Spring boot项目使用 restHighLevelClient 接入 elasticsearch

Spring boot 接入 ElasticSearch 查询数据

最近在做一个需要支持大数据量查询的项目,调研之后选用ElasticSearch存储数据,并接入Spring Boot项目,通过rest接口查询并返回。具体的,获取数据并向ES中插入数据是用Python脚本实现的,本博客只涉及查询操作。

一. 接入ElasticSearch

选用的是官网推荐的restHighLevelClient,其封装了CRUD方法。

服务器上已经部署好ES的前提下,在spring boot项目中接入大概分为三步:

1. 添加依赖

为了简洁,将pom文件中无关的部分都删去了。
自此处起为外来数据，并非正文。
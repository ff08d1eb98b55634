-- ===== src/Orders/Pages.antt =====
-- The pages of a driver's history. services/commerce/src/modules/driver/driver.service.ts
use mathlib.Core.List.{Permᴰ}
use mathlib.Core.List.Permᴰ
use native.Mathlib.Omega.{arith}
use seapedia.Prelude.{
  ℕ, zero, suc, ◌+◌, ◌-◌, ◌*◌, ◌≤◌, ◌<◌, ◌≡◌, ◌⊎◌, refl, sym, ◌∙◌, ap, inl, inr, Bool, Option, none,
  some, List, [], ◌∷◌, ◌++◌, length, count, take, drop, ◌==◌, Bool-cases, All, find, select,
}
use seapedia.Db.{Order, DeliveryJob, JobStatus, StoreRef, Db}
use seapedia.Orders.Detail.{is_order}
use seapedia.Orders.Jobs.{
  Job, with_store, with_order, joined_jobs, any_order, is_job_of, completed_rows, completed_by,
  job_history,
}

module _ {A : Type 0} where
  take-more : (m n : ℕ) (xs : List A) → take m xs ++ take n (drop m xs) ≡ take (m + n) xs
  take-more zero n xs = ap (λ k. take k xs) (omega arith)
  take-more (suc m) n [] = nothing n ∙ sym (nothing (suc m + n))
    where
      nothing : (k : ℕ) → take {A = A} k [] ≡ []
      nothing zero = refl
      nothing (suc k) = refl
  take-more (suc m) n (x ∷ xs) =
      let more : suc (m + n) ≡ suc m + n = omega arith in
      ap (λ r. x ∷ r) (take-more m n xs) ∙ ap (λ k. take k (x ∷ xs)) more

  take-all : (n : ℕ) (xs : List A) → length xs ≤ n → take n xs ≡ xs
  take-all zero [] h = refl
  take-all zero (x ∷ xs) h = absurd (omega (arith, h))
  take-all (suc n) [] h = refl
  take-all (suc n) (x ∷ xs) h = ap (λ r. x ∷ r) (take-all n xs (omega (arith, h)))

  abbrev Holds : A → List A → Type 0
  Holds a [] = ⊥
  Holds a (x ∷ xs) = (a ≡ x) ⊎ Holds a xs

  All-Holds : (P : A → Type 0) (a : A) (xs : List A) → All P xs → Holds a xs → P a
  All-Holds P a [] _ h = absurd h
  All-Holds P a (x ∷ xs) (p, ps) (inl e) = rw e p
  All-Holds P a (x ∷ xs) (p, ps) (inr h) = All-Holds P a xs ps h

  Holds-perm : (a : A) {xs ys : List A} → Permᴰ xs ys → Holds a xs → Holds a ys
  Holds-perm a Permᴰ.nil h = h
  Holds-perm a (Permᴰ.cons e p) (inl f) = inl (f ∙ e)
  Holds-perm a (Permᴰ.cons e p) (inr h) = inr (Holds-perm a p h)
  Holds-perm a (Permᴰ.swap e f) (inl g) = inr (inl (g ∙ e))
  Holds-perm a (Permᴰ.swap e f) (inr (inl g)) = inl (g ∙ f)
  Holds-perm a (Permᴰ.swap e f) (inr (inr h)) = inr (inr h)
  Holds-perm a (Permᴰ.trans p q) h = Holds-perm a q (Holds-perm a p h)

  length-perm : {xs ys : List A} → Permᴰ xs ys → length xs ≡ length ys
  length-perm Permᴰ.nil = refl
  length-perm (Permᴰ.cons e p) = ap (λ n. suc n) (length-perm p)
  length-perm (Permᴰ.swap e f) = refl
  length-perm (Permᴰ.trans p q) = length-perm p ∙ length-perm q

-- No two jobs are of one time.
abbrev pub IsNewestFirst : List Job → Type 0
IsNewestFirst [] = Unit
IsNewestFirst (j ∷ js) = All (λ k. k.job.updated_at < j.job.updated_at) js × IsNewestFirst js

-- Jobs of different times have one order.
one_order :
    (xs ys : List Job)
    → IsNewestFirst xs
    → IsNewestFirst ys
    → ((j : Job) → Holds j xs → Holds j ys)
    → ((j : Job) → Holds j ys → Holds j xs)
    → xs ≡ ys
one_order [] [] _ _ there back = refl
one_order [] (y ∷ ys) _ _ there back = absurd (back y (inl refl))
one_order (x ∷ xs) [] _ _ there back = absurd (there x (inl refl))
one_order (x ∷ xs) (y ∷ ys) (less, rest) (less', rest') there back = rw (
  same,
  one_order xs ys rest rest' (λ j h. later x y xs ys same less j (there j (inr h)) h)
      (λ j h. later y x ys xs (sym same) less' j (back j (inr h)) h),
)
  where
    later :
        (u v : Job) (us vs : List Job)
        → u ≡ v
        → All (λ k. k.job.updated_at < u.job.updated_at) us
        → (j : Job) → Holds j (v ∷ vs)
        → Holds j us
        → Holds j vs
    later u v us vs e lower j (inr h) k = h
    later u v us vs e lower j (inl f) k =
        let below = All-Holds (λ k. k.job.updated_at < u.job.updated_at) j us lower k in
        let equal : j.job.updated_at ≡ u.job.updated_at =
          ap (λ (i : Job). i.job.updated_at) (f ∙ sym e) in
        absurd (omega (arith, below, equal))

    heads : Holds x (y ∷ ys) → Holds y (x ∷ xs) → x ≡ y
    heads (inl e) _ = e
    heads (inr h) (inl e) = sym e
    heads (inr h) (inr k) = absurd (
        omega (
          arith,
          All-Holds (λ k. k.job.updated_at < y.job.updated_at) x ys less' h,
          All-Holds (λ k. k.job.updated_at < x.job.updated_at) y xs less k,
        ))

    same : x ≡ y
    same = heads (there x (inl refl)) (back y (inl refl))

-- The join drops jobs and adds none.
length-joined_jobs :
    (p : DeliveryJob → Bool) (q : Order → Bool) (d : Db) (js : List DeliveryJob)
    → length (joined_jobs q d (select p js)) ≤ count p js
length-joined_jobs p q d [] = omega arith
length-joined_jobs p q d (j ∷ js) =
    let later = length-joined_jobs p q d js in
    elim (Bool-cases (p j)) [
      | inl t ↦ rw t (added later (find (is_order j.order_id) d.orders))
      | inr t ↦ rw t later
    ]
  where
    rest : List Job
    rest = joined_jobs q d (select p js)

    stored :
        (o : Order)
        → length rest ≤ count p js
        → (s : Option StoreRef) → length (with_store j o s rest) ≤ suc (count p js)
    stored o h none = omega (arith, h)
    stored o h (some s) = omega (arith, h)

    added :
        length rest ≤ count p js
        → (o : Option Order) → length (with_order q d.store_refs j o rest) ≤ suc (count p js)
    added h none = omega (arith, h)
    added h (some o) = elim (Bool-cases (q o)) [
      | inl t ↦ rw t (stored o h (find (λ (s : StoreRef). s.id == o.store_id) d.store_refs))
      | inr t ↦ rw t (omega (arith, h))
    ]

-- What a driver reads who turns the pages from the first to the nth; `orders k` is the order of the query
-- of page k.
abbrev pub pages : (orders : ℕ → List Job → List Job) → ℕ → ℕ → Db → ℕ → List Job
pages orders driver limit d zero = []
pages orders driver limit d (suc n) =
    pages orders driver limit d n ++ (job_history (orders (suc n)) driver (suc n) limit d).jobs

-- Every query answers with the driver's completed jobs, newest first, and no two are of one time.
abbrev pub Answers : (ℕ → List Job → List Job) → ℕ → Db → Type 0
Answers orders driver d =
    (k : ℕ)
    → Permᴰ (completed_rows driver d) (completed_by (orders k) driver d)
      × IsNewestFirst (completed_by (orders k) driver d)

same_order :
    (orders : ℕ → List Job → List Job) (driver : ℕ) (d : Db)
    → Answers orders driver d
    → (k l : ℕ) → completed_by (orders k) driver d ≡ completed_by (orders l) driver d
same_order orders driver d h k l =
    let (p, s) = h k in
    let (q, t) = h l in
    one_order (completed_by (orders k) driver d) (completed_by (orders l) driver d) s t
      (λ j m. Holds-perm j q (Holds-perm j (Permᴰ.symm p) m))
      (λ j m. Holds-perm j p (Holds-perm j (Permᴰ.symm q) m))

pages-take :
    (orders : ℕ → List Job → List Job) (driver limit : ℕ) (d : Db)
    → Answers orders driver d
    → (n : ℕ) → pages orders driver limit d n ≡ take (n * limit) (completed_by (orders 1) driver d)
unfolding job_history
pages-take orders driver limit d h zero =
    let start : 0 ≡ 0 * limit = omega arith in
    ap (λ k. take k (completed_by (orders 1) driver d)) start
pages-take orders driver limit d h (suc n) =
    let all = completed_by (orders 1) driver d in
    let index : suc n - 1 ≡ n = omega arith in
    let after : n * limit + limit ≡ suc n * limit = omega arith in
    ap (λ r. r ++ (job_history (orders (suc n)) driver (suc n) limit d).jobs)
      (pages-take orders driver limit d h n)
    ∙ ap (λ r. take (n * limit) all ++ take limit (drop ((suc n - 1) * limit) r))
        (same_order orders driver d h (suc n) 1)
    ∙ ap (λ k. take (n * limit) all ++ take limit (drop (k * limit) all)) index
    ∙ take-more (n * limit) limit all
    ∙ ap (λ k. take k all) after

-- Where no two completed jobs of the driver, of those whose order and store are known, were updated at one
-- time, and every page's query puts all of them newest first: as many pages as the total asks for show all
-- of them, each once, newest first.
pub pages_complete :
    (orders : ℕ → List Job → List Job) (driver limit n : ℕ) (d : Db)
    → Answers orders driver d
    → (job_history (orders n) driver n limit d).total ≤ n * limit
    → (pages orders driver limit d n ≡ completed_by (orders 1) driver d)
      × Permᴰ (completed_rows driver d) (pages orders driver limit d n)
      × IsNewestFirst (pages orders driver limit d n)
unfolding job_history
pages_complete orders driver limit n d h enough =
    let (p, s) = h 1 in
    let all : pages orders driver limit d n ≡ completed_by (orders 1) driver d =
      pages-take orders driver limit d h n
      ∙ take-all (n * limit) (completed_by (orders 1) driver d) (
          omega (
            arith,
            enough,
            length-perm p,
            length-joined_jobs (is_job_of driver JobStatus.completed) any_order d d.delivery_jobs,
          )) in
    (all, rw all p, rw all s)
主要是选择一个适合的es版本,这里选的是7.6.0

    <properties>
        <java.version>1.8</java.version>
        <es.version>7.6.0</es.version>
    </properties>

    <dependencies>
        <dependency>
            <groupId>org.springframework.boot</groupId>
            <artifactId>spring-boot-starter-data-elasticsearch</artifactId>
        </dependency>        
        <dependency>
            <groupId>org.elasticsearch</groupId>
            <artifactId>elasticsearch</artifactId>
            <version>${es.version}</version>
        </dependency>
        <dependency>
            <groupId>org.elasticsearch.client</groupId>
            <artifactId>elasticsearch-rest-high-level-client</artifactId>
            <version>${es.version}</version>
        </dependency>
    </dependencies>

2. 在yaml文件中添加配置

在这里主要配置es服务的地址,以及鉴权。

spring:
  elasticsearch:
    rest:
      connection-timeout: 6s
      uris: test-cluster-01:9200,test-cluster-02:9200
      read-timeout: 10s
      # 如果不需要账号密码就可访问,下面两个字段可以去掉
      username: estest
      password: estest

3. 创建configration,在服务启动时创建好restHighLevelClient

使用configration注解,服务启动时会生成RestHighLevelClient的bean,之后使用只需要注入就行了。

@Configuration
public class ESConfig {

    @Value("${spring.elasticsearch.rest.uris}")
    private List<String> uris;

    // 如果不需要账号密码就可访问,userName和password两个字段可以去掉
    @Value("${spring.elasticsearch.rest.password}")
    private String userName;

    @Value("${spring.elasticsearch.rest.username}")
    private String password;

    @Bean
    public RestHighLevelClient restHighLevelClient() {
        HttpHost[] httpHosts = createHosts();
        RestClientBuilder restClientBuilder = RestClient.builder(httpHosts)
                .setHttpClientConfigCallback(httpClientBuilder -> {
                    CredentialsProvider credentialsProvider = new BasicCredentialsProvider();
                    // 如果不需要账号密码就可访问,下面这行可以去掉
                    credentialsProvider.setCredentials(AuthScope.ANY,new UsernamePasswordCredentials(userName,password));
                    return httpClientBuilder.setDefaultCredentialsProvider(credentialsProvider);
                });
        return new RestHighLevelClient(restClientBuilder);
    }

    // 支持ES分布式
    private HttpHost[] createHosts() {
        HttpHost[] httpHosts = new HttpHost[uris.size()];
        for (int i = 0; i < uris.size(); i++) {
            String hostStr = uris.get(i);
            String[] host = hostStr.split(":");
            httpHosts[i] = new HttpHost(host[0].trim(),Integer.parseInt(host[1].trim()));
        }
        return httpHosts;
    }
}

二. 查询

es中存储的数据结构如下,下面根据这个数据结构进行各种查询

class Entity {

    private String id;

    private String summary;

    private String name;

    private String introduction;
}

1. 根据id查询(单索引查询)

这里选用GetRequest查询,非常方便,但缺点就是只能设置一个索引查询,也只能设置一个id,不能批量。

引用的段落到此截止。